Curb Your Sugar Cravings

If you are trying to stick to a plan, cravings are often the biggest hurdle. It doesn’t help that we transition from one “sweet” holiday to another. For those that love sweets, this can be a particularly challenging time with Valentine’s Day around the corner.

For most people cravings primarily occur late at night, during a mid-day slump, or just before your menstrual cycle.

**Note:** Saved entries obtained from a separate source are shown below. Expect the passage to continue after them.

-- ===== src/Transport/Send.antt =====
-- The sending side: `dialConn`, `SendRPC`, `ReturnConn` and `decodeResponse`.
use trebiz.Prelude.{[], ◌∷◌, ◌++◌, Option, none, some, Bool, true, false, if◌then◌else◌}
use trebiz.Messages.{Bytes, Message, MsgType}
use trebiz.Transport.{Codec, byte_of}

-- What was handed to the buffered writer waits in `buffer` until it is flushed to the `wire`. A writer that is
-- full flushes earlier, which changes nothing of what is on the wire after a flush.
pub record NetConn : Type 0 where
  pub target : Bytes
  pub buffer : Bytes
  pub wire : Bytes
  pub is_closed : Bool

abbrev pub release : NetConn → NetConn
release conn = record conn { is_closed = true }

abbrev pub write : Bytes → NetConn → NetConn
write b conn = record conn { buffer = conn.buffer ++ b }

abbrev pub flush : NetConn → NetConn
flush conn = record conn { buffer = []; wire = conn.wire ++ conn.buffer }

-- Which of the writes of one `SendRPC` fails.
pub record Faults : Type 0 where
  pub at_type : Bool
  pub at_args : Bool
  pub at_sig : Bool
  pub at_flush : Bool

-- Dialling fails, or gives a connection with nothing written.
unfoldable pub dial_conn : Bool → Bytes → Option NetConn
dial_conn fails target =
    if fails
    then none
    else some (record { target = target; buffer = []; wire = []; is_closed = false })

-- There is no pool: every connection is dialled.
unfoldable pub get_conn : Bool → Bytes → Option NetConn
unfolding dial_conn
get_conn fails target = dial_conn fails target

-- The connection is closed, and the error of closing it is returned.
unfoldable pub return_conn : Bool → NetConn → NetConn × Bool
return_conn fails conn = (release conn, fails)

-- One write of `SendRPC`: an error releases the connection and is returned.
abbrev pub write_step : Bool → Option Bytes → NetConn → (NetConn → NetConn × Bool) → NetConn × Bool
write_step fails none conn next = (release conn, true)
write_step fails (some b) conn next = if fails then (release conn, true) else next (write b conn)

abbrev pub flush_step : Bool → NetConn → NetConn × Bool
flush_step fails conn = if fails then (release conn, true) else (flush conn, false)

module _ (c : Codec) (faults : Faults) where
  abbrev pub send_sig : Bytes → NetConn → NetConn × Bool
  send_sig sig conn =
      write_step faults.at_sig (c.encode_bytes sig) conn (flush_step faults.at_flush)

  abbrev pub send_args : Message → Bytes → NetConn → NetConn × Bool
  send_args args sig conn = write_step faults.at_args (c.encode_args args) conn (send_sig sig)

  -- The connection afterwards, and whether there was an error.
  unfoldable pub send_rpc : NetConn → MsgType → Message → Bytes → NetConn × Bool
  send_rpc conn rpc_type args sig =
      write_step faults.at_type (some (byte_of rpc_type ∷ [])) conn (send_args args sig)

The causes of these cravings can vary widely but hormonal imbalances like low blood sugar and low serotonin levels are at the top of the list. Imbalanced eating habits can also play a huge role in creating increased cravings.

Tips to prevent cravings:

  • Protein – include it in each meal. Options would include meat or fish, nuts and seeds, legumes, tofu, hemp seeds, quinoa. Talk to your ND for the right amount and type for you!
  • Snacking – Snacking even when you are not particularly hungry will help you to avoid the mid afternoon slump. A handful of nuts and seeds in the morning, will help you to avoid those carb and sugar cravings in the mid afternoon and in the evening.
  • Reduce the Carbs – Make sure that you are having no more than a fist sized portion of grains or starchy vegetables with each meal. Eating more than this will contribute to more sugar cravings
  • Eat Lots of Veggies – Aim for 2 cups of above ground veggies with each meal
  • Increase your Fibre – Fibre will help to keep you full. Try adding 2 Tbsp of chia or flax seeds to your breakfast!